Motivated by the current status of the cosmological observations and significant tensions in the estimated values of some key parameters assuming the standard $Λ$CDM model, we propose a simple but radical phenomenological emergent dark energy model where dark energy has no effective presence in the past and emerges at the later times. Theoretically, in this phenomenological dark energy model with zero degree of freedom (similar to a $Λ$CDM model), one can derive that the equation of state of dark energy increases from $-\frac{2}{3 {\rm{ln}}\, 10} -1$ in the past to $-1$ in the future. We show that by setting a hard-cut 2$σ$ lower bound prior for the $H_0$ that associates with $97.72\%$ probability from the recent local observations~\citep{riess2019large}, this model can satisfy different combinations of cosmological observations at low and high redshifts (SNe Ia, BAO, Ly{$α$} BAO and CMB) substantially better than the concordance $Λ$CDM model with $Δχ^2_{bf} \sim -41.08$ and $Δ\,{\rm{DIC}} \sim-35.38$. If there are no substantial systematics in SN Ia, BAO or Planck CMB data and assuming reliability of the current local $H_0$ measurements, there is a very high probability that with slightly more precise measurement of the Hubble constant our proposed phenomenological model rules out the cosmological constant with decisive statistical significance and is a strong alternative to explain combination of different cosmological observations. This simple phenomenologically emergent dark energy model can guide theoretically motivated dark energy model building activities.

Figures (4)

• Figure 1: The upper plot shows the evolution of dark energy density $\Omega_{\rm{DE}}(z)$ from early times to the far future and the bottom plot presents the evolution of Equation of State of Dark Energy $w(z)$ for $\Lambda$CDM and PEDE models. This figure is only for demonstrating the behavior of this model in comparison with cosmological constant and flatness and $\Omega_m\,=\,0.3$ is assumed for both $\rm{\Lambda}CDM$ and PEDE models.

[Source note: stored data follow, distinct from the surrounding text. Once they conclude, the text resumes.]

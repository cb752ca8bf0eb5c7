-- ===== src/Drops.antt =====
-- The folder tree as the workspace shows it, and which drops of a folder it refuses:
-- frontend/src/documents/features/folders/useFolderTree.ts. The nodes are derived from the tree and
-- the folders that the store has; what a drop does is in Drops/Actions.
pub mod Walk
pub mod View
pub mod Actions
mod Tests
use papercrate.Base.{
  ℕ, zero, suc, String, Bool, true, false, List, [], ◌∷◌, ◌++◌, Option, none, some, ◌==◌, ◌&&◌,
  ◌||◌, not, if◌then◌else◌, contains, filter, length, nat_eq, or_else,
}
use papercrate.Dict.{Dict, lookup, insert}
use papercrate.Js.{Value, text, null, Fields, get, is_nullish, object_is, truthy_identifier}
use papercrate.Tree.{Forest, empty, tree}

pub record FolderNode : Type 0 where
  pub name : Value
  pub parent_id : Option String
  pub children : List String
  pub expanded : Bool
  pub loaded : Bool
  pub has_children : Bool

-- `createRootNode()`
unfoldable pub root_node : FolderNode
root_node = record {
  name = text "Documents";
  parent_id = none;
  children = [];
  expanded = true;
  loaded = false;
  has_children = false;
}

-- the identifiers of an array of nodes
unfoldable pub siblings : Forest → List String
siblings empty = []
siblings (tree id f kids rest) = id ∷ siblings rest

-- `item.parent_id || 'root'`
unfoldable pub parent_or_root : Fields → String
parent_or_root f = elim (truthy_identifier (get "parent_id" f)) [ none ↦ "root" | some p ↦ p ]

-- `data?.name ?? item.name`
unfoldable pub name_of : Option Fields → Fields → Value
name_of none f = get "name" f
name_of (some found) f = if is_nullish (get "name" found) then get "name" f else get "name" found

-- the node of one item of the flat structure
unfoldable pub node_of : List String → Dict Fields → String → Fields → Forest → FolderNode
unfolding siblings parent_or_root name_of
node_of expanded by_id id f kids = record {
  name = name_of (lookup id by_id) f;
  parent_id = some (parent_or_root f);
  children = siblings kids;
  expanded = contains id expanded;
  loaded = true;
  has_children = not (nat_eq (length (siblings kids)) 0);
}

-- the loop over `flattenFolderTree(roots)`
unfoldable pub place : List String → Dict Fields → Dict FolderNode → Forest → Dict FolderNode
unfolding node_of
place expanded by_id nodes empty = nodes
place expanded by_id nodes (tree id f kids rest) =
    place expanded by_id
      (place expanded by_id (insert id (node_of expanded by_id id f kids) nodes) kids) rest

-- `folderNodesRaw`, of a store that is there
unfoldable pub folder_nodes_raw : List String → Dict Fields → Forest → Dict FolderNode
unfolding place root_node
folder_nodes_raw expanded by_id empty = ("root", root_node) ∷ []
folder_nodes_raw expanded by_id (tree id f kids rest) =
    place expanded by_id [] (tree id f kids rest)

abbrev pub same_parent : Option String → Option String → Bool
same_parent none none = true
same_parent (some a) (some b) = a == b
same_parent _ _ = false

abbrev pub same_flag : Bool → Bool → Bool
same_flag true b = b
same_flag false b = not b

-- What the comparison of two maps looks at; texts and flags are compared with `!==`.
abbrev pub alike : FolderNode → FolderNode → Bool
alike a b =
    object_is a.name b.name
    && same_parent a.parent_id b.parent_id
    && same_flag a.expanded b.expanded
    && nat_eq (length a.children) (length b.children)

unfoldable pub all_alike : Dict FolderNode → Dict FolderNode → Bool
all_alike prev [] = true
all_alike prev ((id, node) ∷ nodes) =
    (elim (lookup id prev) [ none ↦ false | some old ↦ alike old node ]) && all_alike prev nodes

-- `folderNodes`: the map before is kept where nothing that is compared has changed.
unfoldable pub folder_nodes : Dict FolderNode → Dict FolderNode → Dict FolderNode
unfolding all_alike
folder_nodes prev raw =
    if nat_eq (length prev) (length raw) && all_alike prev raw then prev else raw

-- `node.parentId ?? 'root'`
abbrev pub parent_of : FolderNode → String
parent_of node = elim node.parent_id [ none ↦ "root" | some p ↦ p ]

-- The loop of `isInvalidFolderDrop` with the nodes visited, none where the fuel runs out.
unfoldable pub climb : ℕ → Dict FolderNode → String → String → List String → Option Bool
climb zero nodes source current visited = none
climb (suc fuel) nodes source current visited =
    elim (current == "" || current == "root" || contains current visited) [
      | true ↦ some false
      | false ↦ elim (current == source) [
        | true ↦ some true
        | false ↦ elim (lookup current nodes) [
          | none ↦ some false
          | some node ↦ climb fuel nodes source (parent_of node) (current ∷ visited)
        ]
      ]
    ]

-- Every round visits another node, so that one round more than there are nodes is enough.
unfoldable pub is_invalid_folder_drop : Dict FolderNode → Option String → Option String → Bool
unfolding climb
is_invalid_folder_drop nodes none target = false
is_invalid_folder_drop nodes (some source) none = false
is_invalid_folder_drop nodes (some source) (some target) =
    if source == "" || target == "" || target == "root"
    then false
    else if source == target
    then true
    else or_else (climb (suc (length nodes)) nodes source target []) false

unfoldable pub toggle_folder : String → List String → List String
toggle_folder id expanded =
    if contains id expanded then filter (λ k. not (k == id)) expanded else expanded ++ id ∷ []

• Figure 2: 2-D regions and 1-D marginalized distributions with 1$\sigma$ and 2$\sigma$ contours for $\rm{\Lambda}CDM$ model from different observations. From left to right, we use No $H_0$ prior, 2$\sigma$ hard-cut $H_0$ prior and 1$\sigma$ hard-cut $H_0$ prior from riess2019large, respectively. The black curves/contours denote for the constraints from Pantheon+BAO and the blue ones are derived with Pantheon+BAO+Ly$\alpha$+CMB data combination.
• Figure 3: 2-D regions and 1-D marginalized distributions with 1$\sigma$ and 2$\sigma$ contours for PEDE model from different observations. From left to right, we use No $H_0$ prior, 2$\sigma$ hard-cut $H_0$ prior and 1$\sigma$ hard-cut $H_0$ prior from riess2019large, respectively. The black curves/contours denote for the constraints from Pantheon+BAO and the blue ones are derived with Pantheon+BAO+Ly$\alpha$+CMB data combination.
• Figure 4: The histograms of $\chi^2$ distribution from the converged MCMC chains for $\Lambda$CDM model, CPL and PEDE are presented. The left plots shows the $\chi^2$ distribution for the Pantheon+BAO combination and the right plots are obtained with Pantheon+BAO+Ly$\alpha$+CMB combination. Upper plots are derived with setting 2$\sigma$$H_0$ hard-cut prior and lower plots are derived with setting 1$\sigma$ hard-cut $H_0$ prior. Combining all the data, there is hardly an overlap between the $\chi^2$ distribution of the PEDE model and $\Lambda$CDM model that explains the huge difference we derived for their DIC.